In the state of Virginia, the recognition is also limited to Joseph. In his native Norfolk, there had been, until relatively recently, a Roberts Park housing community and a Roberts Park Elementary School, and there is still a Roberts Road. At Norfolk State University, you will find the Joseph Jenkins Roberts Center, a center of excellence for the study of the African Diaspora.

In Petersburg, the city erected a stone monument in his honor in June 1977, and it added a Joseph Jenkins Roberts Street next to the Appomattox River. In 1978, the Virginia Department of Historic Resources placed a historical marker a few steps from the stone monument. Again, there is no visible memorial honoring Jane. The Historic Petersburg Foundation has found an engraving that shows a portion of the house in town where Jane was born, but the house no longer exists.

A Missing Memorial

This brings us back to the grassy area in Streatham Cemetery. In the 112 years since Jane’s burial, how many Liberians, let alone Londoners, have known of this hallowed site?

The Lambeth Bereavement Service that administers the cemetery has confirmed that there is no marker at the grave site. Jane Roberts’ grave plot was initially owned by Margaret Archer. To transfer ownership of the grave plot would require permission from Margaret Archer’s descendants. No descendants have been identified so the matter has been appealed to the Chief Executive Officer of Lambeth Council to be able to install a proper headstone.

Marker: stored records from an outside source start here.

-- ===== src/Owa/Retries.antt =====
-- What the retries of the OWA transport achieve: transient failures of Login are survived, and a
-- session that the server refuses is replaced.
use outlook_agent.Prelude.{
  Bool, Option, Result, String, ap, arith, err, false, inl, inr, none, ok, refl, some, suc, true,
  zero, ℕ, ◌*◌, ◌+◌, ◌∙◌, ◌≡◌, ◌≤◌, ◌⊎◌,
}
use outlook_agent.Server.{ActionResponse}
use outlook_agent.Owa.{Host, LoginError, Reply, State}
use outlook_agent.Owa.Session.{
  back_off_step, invalidate_session, keep_session, log_in_once, login, login_with_retry, resumed,
  tried, with_secret,
}
use outlook_agent.Owa.Service.{again, execute, execute_once, sent_with, first_of}

-- From one world to another, attempts to log in fail so many times, each with a transient error and
-- a wait that is not broken off. The first number counts the attempts before.
pub data Fails (h : Host) (password : h.Password) : ℕ → ℕ → h.World → h.World → Type 0 where
  never : {attempt : ℕ} {w : h.World} → Fails h password attempt 0 w w
  once_more :
      {attempt n : ℕ} {w w₁ w₂ w₃ : h.World} (e : LoginError)
      → h.log_in password w ≡ (err e, w₁)
      → e.transient ≡ true
      → h.back_off (suc attempt * back_off_step) w₁ ≡ (none, w₂)
      → Fails h password (suc attempt) n w₂ w₃
      → Fails h password attempt (suc n) w w₃

module _ (h : Host) where
  tried-Fails :
      (password : h.Password) (session : h.Session) (attempt more n : ℕ) (w w' : h.World)
      (s : State h)
      → Fails h password attempt n s.world w
      → n ≤ more
      → h.log_in password w ≡ (ok session, w')
      → tried h attempt more password (log_in_once h password s)
        ≡ (ok session, record s { world = w'; logins = suc (n + s.logins) })
  unfolding tried
  tried-Fails password session attempt more zero w w' s never le e =
      let sum : s.logins ≡ 0 + s.logins = omega arith in
      rw e (ap (λ k. (ok session, record s { world = w'; logins = suc k })) sum)
  tried-Fails password session attempt zero (suc n) w w' s (once_more x f t b rest) le e =
      ground arith
  tried-Fails password session attempt (suc more) (suc n) w w' s (once_more {w₂ = w₂} x f t b rest)
        le e =
      let t' = record s { world = w₂; logins = suc s.logins } in
      let sum : n + suc s.logins ≡ suc n + s.logins = omega arith in
      rw (f, t, b)
        (tried-Fails password session (suc attempt) more n w w' t' rest (omega arith) e
          ∙ ap (λ k. (ok session, record s { world = w'; logins = suc k })) sum)

  -- Logging in survives transient failures: if Login fails at most `login_retries` times in a row,
  -- each time transiently and with an unbroken wait, and then returns a session, loginWithRetry
  -- returns that session, after one call more than there were failures.
  pub login_with_retry-Fails :
      (password : h.Password) (session : h.Session) (n : ℕ) (w w' : h.World) (s : State h)
      → Fails h password 0 n s.world w
      → n ≤ h.login_retries
      → h.log_in password w ≡ (ok session, w')
      → login_with_retry h password s
        ≡ (ok session, record s { world = w'; logins = suc (n + s.logins) })
  unfolding login_with_retry
  login_with_retry-Fails password session n w w' s f le e =
      tried-Fails password session 0 h.login_retries n w w' s f le e

  resumed-grows :
      (n : ℕ) (e : LoginError) (s : State h) (b : Bool) (w : Option String × h.World)
      (next : State h → Result String h.Session × State h)
      → n ≤ s.logins
      → ((t : State h) → n ≤ t.logins → n ≤ (next t).1.logins)
      → n ≤ (resumed h e s b w next).1.logins
  resumed-grows n e s false w next le grows = le
  resumed-grows n e s true (some message, world) next le grows = le
  resumed-grows n e s true (none, world) next le grows = grows (record s { world = world }) le

  tried-grows :
      (n attempt more : ℕ) (password : h.Password) (p : Result LoginError h.Session × State h)
      → n ≤ p.1.logins
      → n ≤ (tried h attempt more password p).1.logins
  unfolding tried
  tried-grows n attempt more password (ok session, s) le = le
  tried-grows n attempt zero password (err e, s) le = le
  tried-grows n attempt (suc more) password (err e, s) le =
      resumed-grows n e s e.transient (h.back_off (suc attempt * back_off_step) s.world)
        (λ t. tried h (suc attempt) more password (log_in_once h password t)) le
        (λ t k.
          tried-grows n (suc attempt) more password (log_in_once h password t) (omega (arith, k)))

  keep_session-logins :
      (now : ℕ) (p : Result String h.Session × State h)
      → (keep_session h now p).1.logins ≡ p.1.logins
  keep_session-logins now (ok session, s) = refl
  keep_session-logins now (err message, s) = refl

  module _ (answer : Reply → ActionResponse × Bool) where
    -- a new login, or a failure with nothing sent
    abbrev pub IsRenewed : State h → ActionResponse × State h → Type 0
    IsRenewed s p = (suc s.logins ≤ p.1.logins) ⊎ ((p.0.ok ≡ false) × (p.1.sent ≡ s.sent))

    sent_with-IsRenewed :
        (s : State h) (p : Result String h.Session × State h)
        → suc s.logins ≤ p.1.logins
        → IsRenewed s (first_of h answer (sent_with h answer p))
    sent_with-IsRenewed s (ok session, t) le = inl le
    sent_with-IsRenewed s (err message, t) le = inl le

    with_secret-IsRenewed :
        (now : ℕ) (s : State h) (p : Result String h.Password × h.World)
        → IsRenewed s (first_of h answer (sent_with h answer (with_secret h now s p)))
    unfolding login_with_retry
    with_secret-IsRenewed now s (err message, world) = inr (refl, refl)
    with_secret-IsRenewed now s (ok password, world) =
        let t = record s { world = world } in
        let p = login_with_retry h password t in
        sent_with-IsRenewed s (keep_session h now p) (
          rw (keep_session-logins now p) (
            tried-grows (suc s.logins) 0 h.login_retries password (log_in_once h password t)
              (omega arith)))

    again-IsRenewed :
        (p : (ActionResponse × Bool) × State h) → p.0.1 ≡ true → IsRenewed p.1 (again h answer p)
    unfolding execute_once invalidate_session login
    again-IsRenewed ((response, false), s) e = ground arith
    again-IsRenewed ((response, true), s) e =
        let ran = h.now s.world in
        let t = record s { world = ran.1; session = none } in
        with_secret-IsRenewed ran.0 t (h.get_secret t.world)

    -- When the first request is refused for its session, the second is not sent with the cached one:
    -- either Login has been called again since, or the answer is a failure and nothing more was sent.
    pub execute-IsRenewed :
        (s : State h)
        → (execute_once h answer s).0.1 ≡ true
        → IsRenewed (execute_once h answer s).1 (execute h answer s)
    unfolding execute
    execute-IsRenewed s e = again-IsRenewed (execute_once h answer s) e
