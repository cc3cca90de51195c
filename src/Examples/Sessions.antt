-- ===== src/Examples/Sessions.antt =====
-- Concrete runs of the theorems on the OWA session: a server whose logins fail twice and then work,
-- and which refuses the first session.
use outlook_agent.Prelude.{[], arith, err, if◌then◌else◌, ltb, none, ok, refl, suc, true, ℕ, ◌≡◌}
use outlook_agent.Value.{end}
use outlook_agent.Owa.{Host, LoginError, State, is_auth_failure}
use outlook_agent.Owa.Session.{login, login_with_retry, tried}
use outlook_agent.Owa.Service.{execute, execute_once, raw_answer}
use outlook_agent.Owa.Attempts.{Within, execute-Within}
use outlook_agent.Owa.Retries.{
  Fails, IsRenewed, execute-IsRenewed, login_with_retry-Fails, never, once_more,
}

abbrev unavailable : LoginError
unavailable = record { message = "owa login returned HTTP 503"; transient = true }

-- the world counts the calls
abbrev flaky : Host
flaky = record {
  World = ℕ;
  Password = Unit;
  Session = ℕ;
  now = λ n. (n, n);
  get_secret = λ n. (ok tt, n);
  log_in = λ p n. (if ltb n 2 then err unavailable else ok n, suc n);
  back_off = λ d n. (none, n);
  send = λ session n. (
    ok (record {
      status = if ltb n 5 then 401 else 200;
      content_type = "application/json";
      path = none;
      body = "{}";
    }),
    suc n,
  );
  decode = λ s. ok end;
  envelope = λ reply. end;
  decimal = λ n. "401";
  login_retries = 2;
  session_ttl = 0;
}

abbrev started : State flaky
started = record { world = 0; session = none; logins = 0; sent = [] }

Fails-twice : Fails flaky tt 0 2 started.world 2
Fails-twice =
    once_more {w₁ = 1} unavailable refl refl refl
      (once_more {w₁ = 2} unavailable refl refl refl never)

login_with_retry-Fails_example :
    login_with_retry flaky tt started ≡ (ok 2, record started { world = 3; logins = 3 })
login_with_retry-Fails_example =
    login_with_retry-Fails flaky tt 2 2 2 3 started Fails-twice (omega arith) refl

execute-Within_example : Within flaky 6 2 started (execute flaky (raw_answer flaky) started).1
execute-Within_example = execute-Within flaky (raw_answer flaky) started

is_refused : (execute_once flaky (raw_answer flaky) started).0.1 ≡ true
unfolding execute_once raw_answer is_auth_failure login login_with_retry tried
is_refused = refl

execute-IsRenewed_example :
    IsRenewed flaky
      (raw_answer flaky)
      (execute_once flaky (raw_answer flaky) started).1
      (execute flaky (raw_answer flaky) started)
execute-IsRenewed_example = execute-IsRenewed flaky (raw_answer flaky) started is_refused
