-- ===== src/Examples/Tokens.antt =====
-- Concrete runs of the theorems on the policy, the confirmation tokens, the approval challenges, the
-- manifests and the registry.
use outlook_agent.Prelude.{
  List, String, [], arith, false, if◌then◌else◌, ltb, none, not, ok, refl, some, true, ◌&&◌, ◌++ˢ◌,
  ◌↔◌, ◌∷◌, ◌≡◌, ◌≢◌, ◌≤◌, ◌⊎◌,
}
use outlook_agent.Prelude.Text.{to_lower, trim_space}
use outlook_agent.Value.{end, object}
use outlook_agent.Table.{lookup}
use outlook_agent.Policy.{
  Request, destructive, evaluate, evaluate_confirmed, reversible_single_item,
}
use outlook_agent.Policy.Laws.{
  ConfirmedAllowed, DirectlyAllowed, evaluate-DirectlyAllowed, evaluate_confirmed-ConfirmedAllowed,
}
use outlook_agent.Confirm
use outlook_agent.Confirm.Tokens.{Grants, consume_iff}
use outlook_agent.Confirm.Traces.{
  Call as ConfirmCall, generated, consumed, accepted, issued, accepted-le-issued,
}
use outlook_agent.Approval.{
  Binding, Challenge, Crypto, Store, build_signing_payload, challenge_of, consume, invalid,
  parse_mode, policy_from_env, required, sign_payload, validate, validate_challenge_token,
}
use outlook_agent.Approval.Challenges.{Approves, consume_once, validate_iff}
use outlook_agent.Approval.Modes.{IsTestTransport, normalized, policy_from_env-required}
use outlook_agent.Action.{Definition, typed_schema}
use outlook_agent.Capability.{
  class_request, execution_route_policy, from_definition, route_of_policy,
}
use outlook_agent.Manifest

abbrev purge : Request
purge = record {
  class = destructive;
  explicit_target = true;
  explicit_intent = true;
  unsafe_mode = false;
  sends_message = false;
}

evaluate-DirectlyAllowed_example : ((evaluate purge).allowed ≡ true) ↔ DirectlyAllowed purge
evaluate-DirectlyAllowed_example = evaluate-DirectlyAllowed purge

evaluate_confirmed-ConfirmedAllowed_example :
    ((evaluate_confirmed purge).allowed ≡ true) ↔ ConfirmedAllowed purge
evaluate_confirmed-ConfirmedAllowed_example = evaluate_confirmed-ConfirmedAllowed purge

abbrev hashing : Confirm.Hashing
hashing = record { marshal = λ b. some (b.action ++ˢ b.profile); digest = λ s. s }

abbrev send_binding : Confirm.Binding
send_binding = record {
  action = "SendDraft";
  transport = "graph";
  profile = "work";
  payload = object end;
  unsafe_mode = false;
  safety_class = "send_like";
  review_fingerprint = "r";
}

abbrev move_binding : Confirm.Binding
move_binding = record send_binding { action = "MoveItem" }

abbrev one_token : Confirm.Store
one_token = record {
  records = ("t", record { fingerprint = "SendDraftwork"; expires_at = 40 }) ∷ [];
}

consume_iff_example :
    ((Confirm.consume hashing "t" send_binding 20 one_token).1 ≡ true)
    ↔ Grants hashing "t" send_binding 20 one_token
consume_iff_example = consume_iff hashing "t" send_binding 20 one_token

abbrev two_uses : List ConfirmCall
two_uses =
    generated (some "t") send_binding 30 10
    ∷ consumed "t" send_binding 20
    ∷ consumed "t" send_binding 21
    ∷ []

accepted-le-issued_example : accepted hashing "t" Confirm.new_store two_uses ≤ issued "t" two_uses
accepted-le-issued_example = accepted-le-issued hashing "t" two_uses

abbrev crypto : Crypto
crypto = record {
  mac = λ secret payload. secret ++ˢ payload;
  encode = λ s. s;
  format_time = λ t. "t";
}

abbrev send_approval : Binding
send_approval = record {
  action = "SendDraft";
  transport = "graph";
  profile = "work";
  unsafe_mode = false;
  payload_fingerprint = "p";
  review_fingerprint = "r";
  safety_class = "send_like";
}

abbrev challenge : Challenge
challenge = challenge_of crypto "c" send_approval 30 10

abbrev one_challenge : Store
one_challenge = record { records = ("c", challenge) ∷ [] }

abbrev signature : String
signature = crypto.mac "s" (build_signing_payload crypto challenge)

validate_iff_example :
    ((validate crypto "c" signature "s" send_approval 20 one_challenge).1 ≡ none)
    ↔ Approves crypto "c" signature "s" send_approval 20 one_challenge
validate_iff_example = validate_iff crypto "c" signature "s" send_approval 20 one_challenge

validates : (validate crypto "c" signature "s" send_approval 20 one_challenge).1 ≡ none
unfolding validate build_signing_payload validate_challenge_token lookup trim_space sign_payload
    to_lower
validates = refl

consumes : (consume crypto "c" signature "s" send_approval 20 one_challenge).1 ≡ none
unfolding consume validate build_signing_payload validate_challenge_token lookup trim_space
    sign_payload to_lower
consumes = refl

consume_once_example :
    let t = (consume crypto "c" signature "s" send_approval 20 one_challenge).0 in
    ((validate crypto "c" signature "s" send_approval 21 t).1 ≡ some invalid)
    × ((consume crypto "c" signature "s" send_approval 21 t).1 ≡ some invalid)
consume_once_example =
    consume_once crypto "c" signature "s" send_approval 20 one_challenge consumes signature "s"
      send_approval 21

abbrev misspelt : String → String
misspelt name = " Optional "

weakened : (policy_from_env "graph" misspelt).mode ≢ required
unfolding policy_from_env parse_mode trim_space to_lower
weakened h = ground arith

policy_from_env-required_example :
    (normalized (misspelt "OUTLOOK_AGENT_APPROVAL_MODE") ≡ "dev")
    ⊎ (normalized (misspelt "OUTLOOK_AGENT_APPROVAL_MODE") ≡ "optional")
    ⊎ IsTestTransport "graph"
policy_from_env-required_example = policy_from_env-required "graph" misspelt weakened

abbrev definition : Definition
definition = record {
  name = "MoveItem";
  transport = "graph";
  description = "";
  class = reversible_single_item;
  level = typed_schema;
}

execution_route_policy_example :
    ((from_definition definition).execution_route ≡ route_of_policy definition.class)
    × ((from_definition definition).requires_explicit_target ≡ (
        not (evaluate (class_request definition.class)).allowed
        && (evaluate (record (class_request definition.class) { explicit_target = true })).allowed))
    × ((from_definition definition).requires_explicit_intent ≡ (
        not (evaluate (class_request definition.class)).allowed
        && (evaluate (record (class_request definition.class) { explicit_intent = true })).allowed))
execution_route_policy_example = execution_route_policy definition

abbrev moved : Manifest.Record
moved = record {
  id = "";
  action = "MoveItem";
  ids = "m1" ∷ "m2" ∷ [];
  mailbox = "";
  created_at = 0;
  expires_at = 0;
}

abbrev stamped : Manifest.Record
stamped = Manifest.stamped moved "m" 30 10

issues_it : (Manifest.issue moved (some "m") 30 10 Manifest.new_store).1 ≡ ok stamped
unfolding Manifest.issue
issues_it = refl

get-issue_example :
    let t = (Manifest.issue moved (some "m") 30 10 Manifest.new_store).0 in
    ((Manifest.get "m" 20 t).1 ≡ (if ltb 20 40 then some stamped else none))
    × (stamped.ids ≡ moved.ids)
    × (stamped.action ≡ moved.action)
    × (ltb 20 40 ≡ false → lookup "m" (Manifest.get "m" 20 t).0.records ≡ none)
get-issue_example =
    Manifest.get-issue moved (some "m") 30 10 20 Manifest.new_store stamped issues_it
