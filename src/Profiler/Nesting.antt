-- ===== src/Profiler/Nesting.antt =====
-- rdtsc/rdtsc_utils.h: code in which the tagged blocks are properly nested.
use computer_enhance.Shared.{
  ℕ, ◌+◌, ◌%◌, ◌^◌, ◌==◌, ◌≡◌, refl, ◌∙◌, Bool, true, false, not, ◌&&◌, ◌||◌, if◌then◌else◌, List,
  [], ◌∷◌, Option, none, some, arith, Bool-cases, inl, inr,
}
use computer_enhance.Profiler.Blocks.{
  ProfileBlock, Profile, elapsed, is_index, block_start, leave_block, block_end,
}

-- Runs of tagged code: a block with its index, its arguments and the ticks at its two ends, the calls
-- inside it, and those that come after.
pub data Calls : Type 0 where
  done : Calls
  call : ℕ → List ℕ → ℕ → ℕ → Calls → ℕ → Calls → Calls

unfoldable pub run_calls : Calls → Profile → Profile
run_calls done p = p
run_calls (call index block_name byte_count begun inside ended after) p =
    let p1 = run_calls inside (block_start index block_name byte_count begun p) in
    run_calls after (block_end index ended p1)

abbrev pub current : List ℕ → Option ℕ
current [] = none
current (index ∷ active) = some index

abbrev pub is_active : ℕ → List ℕ → Bool
is_active index [] = false
is_active index (i ∷ active) = index == i || is_active index active

-- The active blocks inside a block: a recursive call of the current block adds none.
abbrev pub entered : ℕ → List ℕ → List ℕ
entered index active = if is_index index (current active) then active else index ∷ active

-- A block calls itself only directly.
abbrev pub IsNested : List ℕ → Calls → Type 0
IsNested active done = Unit
IsNested active (call index block_name byte_count begun inside ended after) =
    ((is_index index (current active) || not (is_active index active)) ≡ true)
    × IsNested (entered index active) inside
    × IsNested active after

-- The ticks and the number of the calls of block i that are not recursive.
unfoldable pub spent : ℕ → Option ℕ → Calls → ℕ
spent i outer done = 0
spent i outer (call index block_name byte_count begun inside ended after) =
    (if not (is_index index outer) && index == i then elapsed ended begun else 0)
    + spent i (some index) inside
    + spent i outer after

unfoldable pub times : ℕ → Option ℕ → Calls → ℕ
times i outer done = 0
times i outer (call index block_name byte_count begun inside ended after) =
    (if not (is_index index outer) && index == i then 1 else 0)
    + times i (some index) inside
    + times i outer after

-- The current block is the innermost active one, and no other block waits for the end of a recursive call.
pub record IsReady (active : List ℕ) (p : Profile) : Type 0 where
  pub index : p.profile_index ≡ current active
  pub recursive : (i : ℕ) → is_active i active ≡ false → (p.profile_data i).recursive_count ≡ 0

-- What a piece of nested code does to the profile: it adds ticks and calls to the blocks (as 64-bit
-- numbers) and leaves the current block and the active ones as they are.
pub record Adds (active : List ℕ) (ticks calls : ℕ → ℕ) (p p' : Profile) : Type 0 where
  pub index : p'.profile_index ≡ p.profile_index
  pub recursive : (i : ℕ) → (p'.profile_data i).recursive_count ≡ (p.profile_data i).recursive_count
  pub start :
      (i : ℕ)
      → is_active i active ≡ true
      → (p'.profile_data i).start_rdtsc ≡ (p.profile_data i).start_rdtsc
  pub parent :
      (i : ℕ)
      → is_active i active ≡ true
      → (p'.profile_data i).parent_index ≡ (p.profile_data i).parent_index
  pub total :
      (i : ℕ)
      → (p'.profile_data i).total_ticks % 2 ^ 64
        ≡ ((p.profile_data i).total_ticks + ticks i) % 2 ^ 64
  pub counted :
      (i : ℕ) → (p'.profile_data i).count % 2 ^ 64 ≡ ((p.profile_data i).count + calls i) % 2 ^ 64

module _ (active : List ℕ) where
  pub Adds-none : (p : Profile) → Adds active (λ i. 0) (λ i. 0) p p
  Adds-none p = record {
    index = refl;
    recursive = λ i. refl;
    start = λ i h. refl;
    parent = λ i h. refl;
    total = λ i. omega arith;
    counted = λ i. omega arith;
  }

  pub Adds-trans :
      (ticks calls ticks' calls' : ℕ → ℕ) (p q r : Profile)
      → Adds active ticks calls p q
      → Adds active ticks' calls' q r
      → Adds active (λ i. ticks i + ticks' i) (λ i. calls i + calls' i) p r
  Adds-trans ticks calls ticks' calls' p q r first second = record {
    index = second.index ∙ first.index;
    recursive = λ i. second.recursive i ∙ first.recursive i;
    start = λ i h. second.start i h ∙ first.start i h;
    parent = λ i h. second.parent i h ∙ first.parent i h;
    total = λ i. omega (arith, first.total i, second.total i);
    counted = λ i. omega (arith, first.counted i, second.counted i);
  }

-- The end of a block, in the fields that matter outside it.
pub leave_block-fields :
    (parent : Option ℕ) (total : ℕ) (blocks : ℕ → ProfileBlock) (i : ℕ)
    → let p = leave_block parent total blocks in
      (p.profile_index ≡ parent)
      × ((p.profile_data i).recursive_count ≡ (blocks i).recursive_count)
      × ((p.profile_data i).start_rdtsc ≡ (blocks i).start_rdtsc)
      × ((p.profile_data i).parent_index ≡ (blocks i).parent_index)
      × ((p.profile_data i).total_ticks ≡ (blocks i).total_ticks)
      × ((p.profile_data i).count ≡ (blocks i).count)
unfolding leave_block
leave_block-fields none total blocks i = (refl, refl, refl, refl, refl, refl)
leave_block-fields (some parent) total blocks i = elim (Bool-cases (parent == i)) [
  | inl here ↦
      let same : parent ≡ i = ground (arith, here) in
      rw (here, same) (refl, refl, refl, refl, refl, refl)
  | inr other ↦ rw other (refl, refl, refl, refl, refl, refl)
]
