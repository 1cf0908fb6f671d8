-- ===== src/Profiler/Accounting.antt =====
-- rdtsc/rdtsc_utils.h: the ticks and calls that properly nested code adds to the blocks.
use computer_enhance.Shared.{
  ℕ, ◌+◌, ◌%◌, ◌^◌, ◌==◌, ◌≡◌, refl, sym, ap, subst, ◌∙◌, true, false, if◌then◌else◌, List, [], ◌∷◌,
  some, arith, Bool-cases, inl, inr,
}
use computer_enhance.Profiler.Blocks.{
  ProfileBlock, Profile, add_ticks, elapsed, set_block, is_index, block_start, leave_block,
  block_end,
}
use computer_enhance.Profiler.Nesting.{is_active, Adds, leave_block-fields}

module _ (index : ℕ) (block_name : List ℕ) (byte_count begun ended : ℕ) where
  unfoldable pub recursive_start : Profile → Profile
  recursive_start p =
      let block = p.profile_data index in
      record p {
        profile_data =
            set_block p.profile_data index
              (record block { recursive_count = block.recursive_count + 1 });
      }

  pub block_start-recursive :
      (p : Profile)
      → is_index index p.profile_index ≡ true
      → block_start index block_name byte_count begun p ≡ recursive_start p
  unfolding block_start recursive_start
  block_start-recursive p h = rw h refl

  -- A recursive call: its start and its end count up and down.
  pub recursive-Adds :
      (active : List ℕ) (ticks calls : ℕ → ℕ) (p q : Profile)
      → Adds active ticks calls (recursive_start p) q
      → Adds active ticks calls p (block_end index ended q)
  unfolding recursive_start block_end
  recursive-Adds active ticks calls p q inside =
      let open_call : ((q.profile_data index).recursive_count == 0) ≡ false =
        ground (arith, inside.recursive index) in
      rw open_call (record {
        index = inside.index;
        recursive = λ i. ground (arith, inside.recursive i);
        start = λ i h. ground (arith, inside.start i h);
        parent = λ i h. ground (arith, inside.parent i h);
        total = λ i. ground (arith, inside.total i);
        counted = λ i. ground (arith, inside.counted i);
      })

  unfoldable pub nested_start : Profile → Profile
  nested_start p =
      let block = p.profile_data index in
      record {
        profile_data = set_block p.profile_data index (record block {
          name = some block_name;
          start_rdtsc = begun;
          processed_byte_count = byte_count;
          parent_index = p.profile_index;
        });
        profile_index = some index;
      }

  pub block_start-nested :
      (p : Profile)
      → is_index index p.profile_index ≡ false
      → block_start index block_name byte_count begun p ≡ nested_start p
  unfolding block_start nested_start
  block_start-nested p h = rw h refl

  pub active_other :
      (active : List ℕ) (i : ℕ)
      → is_active i active ≡ true
      → is_active index active ≡ false
      → (index == i) ≡ false
  active_other [] i h out = absurd (cc h)
  active_other (a ∷ active) i h out = elim (Bool-cases (index == i)) [
    | inl here ↦
        let same : index ≡ i = ground (arith, here) in
        let out' : is_active i (a ∷ active) ≡ false =
          subst (λ z. is_active z (a ∷ active) ≡ false) same out in
        absurd (cc (sym h ∙ out'))
    | inr other ↦ other
  ]

  -- The block with the ticks since its start added.
  ended_block : ProfileBlock → ProfileBlock
  ended_block block = record block {
    total_ticks = add_ticks block.total_ticks (elapsed ended block.start_rdtsc);
    count = add_ticks block.count 1;
    start_rdtsc = 0;
  }

  block_end-nested :
      (q : Profile)
      → (q.profile_data index).recursive_count ≡ 0
      → block_end index ended q
        ≡ leave_block
            (q.profile_data index).parent_index
            (ended_block (q.profile_data index)).total_ticks
            (set_block q.profile_data index (ended_block (q.profile_data index)))
  unfolding block_end ended_block
  block_end-nested q h = rw h refl

  unfoldable pub own_ticks : ℕ → ℕ
  own_ticks i = if index == i then elapsed ended begun else 0

  unfoldable pub own_call : ℕ → ℕ
  own_call i = if index == i then 1 else 0

  -- A call that is not recursive.
  pub nested-Adds :
      (active : List ℕ) (ticks calls : ℕ → ℕ) (p q : Profile)
      → is_active index active ≡ false
      → (p.profile_data index).recursive_count ≡ 0
      → Adds (index ∷ active) ticks calls (nested_start p) q
      → Adds active
          (λ i. own_ticks i + ticks i)
          (λ i. own_call i + calls i)
          p
          (block_end index ended q)
  unfolding nested_start ended_block own_ticks own_call
  nested-Adds active ticks calls p q out idle inside =
      let self : is_active index (index ∷ active) ≡ true = ground arith in
      let is_idle : (q.profile_data index).recursive_count ≡ 0 =
        ground (arith, inside.recursive index, idle) in
      let is_start : (q.profile_data index).start_rdtsc ≡ begun =
        ground (arith, inside.start index self) in
      let is_parent : (q.profile_data index).parent_index ≡ p.profile_index =
        ground (arith, inside.parent index self) in
      let blocks = set_block q.profile_data index (ended_block (q.profile_data index)) in
      let left =
        leave_block-fields (q.profile_data index).parent_index
          (ended_block (q.profile_data index)).total_ticks blocks in
      rw (block_end-nested q is_idle) (record {
        index = (left 0).0 ∙ is_parent;
        recursive = λ i. (left i).1 ∙ ground (arith, inside.recursive i);
        start = λ i h.
            (left i).2
            ∙ ground (arith, active_other active i h out, inside.start i (rw h (ground arith)));
        parent = λ i h.
            (left i).3
            ∙ ground (arith, active_other active i h out, inside.parent i (rw h (ground arith)));
        total = λ i. ap (λ t. t % 2 ^ 64) (left i).4 ∙ ground (arith, is_start, inside.total i);
        counted = λ i. ap (λ t. t % 2 ^ 64) (left i).5 ∙ ground (arith, inside.counted i);
      })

In the meantime, an admirer of Jane’s in London, Jeanne Rathbone, has decided not to wait for official permission to do something that probably should have been done many years ago. Jeanne has had a temporary granite marker made and placed it on Jane’s grave and planted a little hedge of box plants to surround it so that it is easy to identify the site. She believes a movable marker seemed like a sensible memorial for a historical grave.

Jeanne has separately campaigned to have a commemorative plaque honoring Jane installed on the exterior of the Archer residence at 55 Brynmear Road in Battersea. Jeanne was the force behind the London Borough of Wandsworth adding an English Heritage Blue Plaque on the residence. That inscription reads, “Mayor of Battersea who fought social and racial injustice lived here.” A Wandsworth Green Plaque is designed to honor famous people or places in the borough that are not covered by the Blue Plaque scheme. For a Green Plaque to be approved, the Wandsworth Council would need the consent of the current property owner, an American who purchased the property in 2017 but does not live in it.

Whether through the placement of a proper marker in London, a memorial in Monrovia and in Petersburg, will this and future generations find appropriate ways to honor Jane Rose Waring Roberts’ place in history?